In AI Battle, Trump Faces the European Front
As the White House tries to take the guardrails off of the technology business, Brussels could take the lead on policy decisions.

JD Vance is certainly getting things done. In the middle of February, the vice president went to Munich to tell Europeans to stop isolating far-right parties, just after speaking at the Paris AI Action Summit, where he warned against strict government regulation. Talk about not knowing an audience: It would be hard to offend more Europeans in less time without kvetching about their vacation time.
This week, my colleague Kristin Robinson wrote a very smart column about what Vance’s — and presumably the Trump administration’s — reluctance to regulate AI might mean for copyright law in the U.S. Both copyright and AI are global issues, of course, so it’s worth noting that efforts by Silicon Valley to keep the Internet unregulated — not only in terms of copyright, but also in terms of privacy and competition law — often run aground in Europe. Vance, like Elon Musk, may simply resent that U.S. technology companies have to follow European laws when they do business there.
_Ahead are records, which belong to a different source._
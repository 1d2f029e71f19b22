-- ===== src/Fixed/Mult.antt =====
-- internal/fixed: mult.go, the fractional products.
pub mod Laws
use g.Base.{
  ℕ, zero, suc, ◌+◌, ◌*◌, ◌^◌, ◌<◌, ◌≤◌, ◌≡◌, refl, Bool, true, false, ◌&&◌, arith, if◌then◌else◌,
  leb, ltb, ℤ, pos, negsuc, ◌+ℤ◌, ◌*ℤ◌, asr, wrap, InRange,
}
use g.Fixed.Saturate.{max16, max32, eq_min16, saturate, l_add, l_sub, l_add_sets, l_sub_sets}
use g.Fixed.Saturate.Laws.{IsWord16, clamp, saturate-clamp}

unfoldable pub l_mult : ℤ → ℤ → ℤ
l_mult a b = if eq_min16 a && eq_min16 b then max32 else wrap 32 (wrap 32 (a *ℤ b) *ℤ pos 2)

unfoldable pub l_mult_sets : ℤ → ℤ → Bool
l_mult_sets a b = eq_min16 a && eq_min16 b

unfoldable pub l_mac : ℤ → ℤ → ℤ → ℤ
l_mac acc a b = l_add acc (l_mult a b)

unfoldable pub l_mac_sets : ℤ → ℤ → ℤ → Bool
l_mac_sets acc a b = if l_mult_sets a b then true else l_add_sets acc (l_mult a b)

unfoldable pub l_msu : ℤ → ℤ → ℤ → ℤ
l_msu acc a b = l_sub acc (l_mult a b)

unfoldable pub l_msu_sets : ℤ → ℤ → ℤ → Bool
l_msu_sets acc a b = if l_mult_sets a b then true else l_sub_sets acc (l_mult a b)

unfoldable pub mult : ℤ → ℤ → ℤ
mult a b = if eq_min16 a && eq_min16 b then max16 else wrap 16 (asr (wrap 32 (a *ℤ b)) 15)

unfoldable pub mult_r : ℤ → ℤ → ℤ
mult_r a b =
    if eq_min16 a && eq_min16 b
    then max16
    else saturate (asr (wrap 32 (wrap 32 (a *ℤ b) +ℤ pos 0x4000)) 15)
If he wants to change that dynamic, though, he needs to start by assuring Europeans that the U.S. can regulate its own businesses — not tell them outright that it doesn’t want to do so.
Silicon Valley sees technology as an irresistible force but lawmakers in Brussels, who see privacy and authors’ rights as fundamental to society, have proven to be an immovable object. (Like Nate Dogg and Warren G, they have to regulate.) When they collide, as they have every few years for the past quarter-century, they release massive amounts of energy, in the form of absurd overstatements, and then each give a little ground. (Remember all the claims about how the European data-protection regulation would complicate the Web, or how the 2019 copyright directive would “break the internet?” Turns out it works fine.) In the end, these EU laws often become default global regulations, because it’s easier to run platforms the same way everywhere. And while all of them are pretty complicated, they tend to work reasonably well.
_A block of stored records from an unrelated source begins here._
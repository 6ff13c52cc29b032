-- ===== src/WhaleApi/Indexer/Steps.antt =====
-- apps/whale-api/src/module.indexer/rpc.block.provider.ts: the states of the database that the
-- rounds of `cycle`, their failures and crashes of the process lead to.
use jellyfishsdk.Prelude.{ℕ, ◌≡◌, List, true, Option, none, some, Error}
use jellyfishsdk.Buffer.Hex.{Text}
use jellyfishsdk.WhaleApi.Indexer.{
  RawBlock, indexing, invalidating, done, Indexer, Stored, RpcClient, put_raw, put_status, cleanup,
  failed, index_genesis, needs_cleanup, cycle_round, IndexStatus,
}
use jellyfishsdk.WhaleApi.Indexer.Recovery.{Touched, HasReindexMissing}

-- What is stored before the first round.
abbrev pub empty_database : {X : Type 0} → X → Stored X
empty_database x = record { raw = λ hash. none; models = x; status = none }

module _ {X : Type 0} (indexers : List (Indexer X)) (highest : X → Option RawBlock) (initial : X)
    (cut_short : RawBlock → X → X → Type 0) where
  -- What a crash in `index` leaves: before the raw block is put, or at any point after it.
  pub data CrashIndexing (block : RawBlock) (db : Stored X) : Stored X → Type 0 where
    before_put : CrashIndexing block db (put_status block.hash block.height indexing db)
    after_put :
        (x : X)
        → Touched indexers initial cut_short block db.models x
        → CrashIndexing block db (record (put_status block.hash block.height indexing db) {
          raw = put_raw block db.raw;
          models = x;
        })

  -- What a crash in `invalidate` leaves: before the raw block is found, or at any point after it.
  pub data CrashInvalidating (hash : Text) (height : ℕ) (db : Stored X) : Stored X → Type 0 where
    before_get : CrashInvalidating hash height db (put_status hash height invalidating db)
    after_get :
        (block : RawBlock) (x : X)
        → db.raw hash ≡ some block
        → Touched indexers initial cut_short block db.models x
        → CrashInvalidating hash height db
            (record (put_status hash height invalidating db) { models = x })

  -- Where the first block of all fails to be indexed, nothing is left of it.
  abbrev pub FailsWhole : RpcClient → Stored X → Type 0
  FailsWhole client db =
      (e : Error) (db' : Stored X)
      → highest db.models ≡ none
      → index_genesis indexers client db ≡ failed e db'
      → db ≡ db'

  -- Where a round ends with REINDEX, the block is not stored.
  abbrev pub ReindexesMissing : Stored X → Type 0
  ReindexesMissing db = HasReindexMissing db.status db.raw

  -- One round of `cycle`, or what is done of it where the process ends. `indexGenesis` sets no
  -- status: a process that ends in it is left out, and where it throws, `FailsWhole` is required. A round in
  -- which an indexer throws NotFoundIndexerError half way through an invalidation is left out too.
  pub data Step (db : Stored X) : Stored X → Type 0 where
    whole_round :
        (client : RpcClient)
        → ((db' : Stored X) → cleanup indexers db ≡ done db' → FailsWhole client db')
        → ReindexesMissing (cycle_round indexers highest client db).1
        → Step db (cycle_round indexers highest client db).1
    crash_in_cleanup :
        {db' : Stored X} (s : IndexStatus)
        → db.status ≡ some s
        → needs_cleanup s.status ≡ true
        → CrashInvalidating s.hash s.height db db'
        → Step db db'
    crash_in_index :
        {db' db'' : Stored X} (block : RawBlock)
        → cleanup indexers db ≡ done db'
        → CrashIndexing block db' db''
        → Step db db''
    crash_in_invalidate :
        {db' db'' : Stored X} (hash : Text) (height : ℕ)
        → cleanup indexers db ≡ done db'
        → CrashInvalidating hash height db' db''
        → Step db db''

  pub data Reach : Stored X → Type 0 where
    at_start : Reach (empty_database initial)
    after : {db db' : Stored X} → Reach db → Step db db' → Reach db'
Like many politicians, Vance seems to see the development of AI as a race that one side can somehow win, to its sole benefit. Maybe. On a consumer level, though, online technology tends to emerge gradually and spread globally, and the winners are often companies that use their other products to become default standards. (The losers are often companies that employ more people and pay more taxes, which in politics isn’t so great.) Let’s face it: The best search engine is often the one on your phone; the best map system is whatever’s best integrated into the device you’re using. To the extent that policymakers see this as a race, does winning mean simply developing the best AI, even if it ends up turning into AM or Skynet? Or does winning mean developing AI technology that can create jobs as well as destroy them?
Much of this debate goes far beyond the scope of copyright — let alone the music business — and it’s humbling to consider the prospect of creating rules for something that’s smarter than humans. That’s an important distinction. While developing AI technology before other countries may be a national security issue that justifies a moon-shot urgency, that has nothing to do with allowing software to ingest Blue Öyster Cult songs without a license. Software algorithms are already creating works of art, and they will inevitably continue to do so. But let’s not relax copyright law out of a fear of needing to stay ahead of the Chinese.
Vance didn’t specifically mention copyright — the closest he got to the subject of content was saying “we feel strongly that AI must remain free from ideological bias.” But he did criticize European privacy regulations, which he said require “paying endless legal compliance costs or otherwise risking massive fines.” If there’s another way to protect individual privacy online, though, he didn’t mention it. For that matter, it’s hard to imagine a way to ensure AI remains free from bias without some kind of regulatory regime. Can Congress write and pass a fair and reasonable law to do that? Or will this depend on the same Europeans that Vance just made fun of?
That brings us back to copyright. In the Anglo-American world, including the U.S., copyright is essentially a commercial right, akin to a property right protected by statute. That right, like most, has some exceptions, most relevant fair use. The equivalent under the French civil law tradition is authors’ rights — droit d’auteur — which is more of a fundamental right. (I’m vastly oversimplifying this.) So what seems in the U.S. to be a debate about property rights is in most of the EU more of an issue of human rights. Governments have no choice but to protect them.
There’s going to be a similar debate about privacy. AI algorithms may soon be able to identify and find or deduce information about individuals that they would not choose to share. In some cases, such as security, this might be a good thing. In most, however, it has the potential to be awful: It’s one thing to use AI and databases to identify criminals, quite another to find people who might practice a certain religion or want to buy jeans. The U.S. may not have a problem with that, if people are out in public, but European countries will. As with Napster so many years ago, the relatively small music business could offer an advance look at what will become very important issues.
Inevitably, with the Trump administration, everything comes down to winning — more specifically getting the better end of the deal. At some point, AI will become just another commercial issue, and U.S. companies will only have access to foreign markets if they comply with the laws there. Vance wants to loosen them, which is fair enough. But this won’t help the U.S. — just one particular business in it. And Europeans will push back — as they should.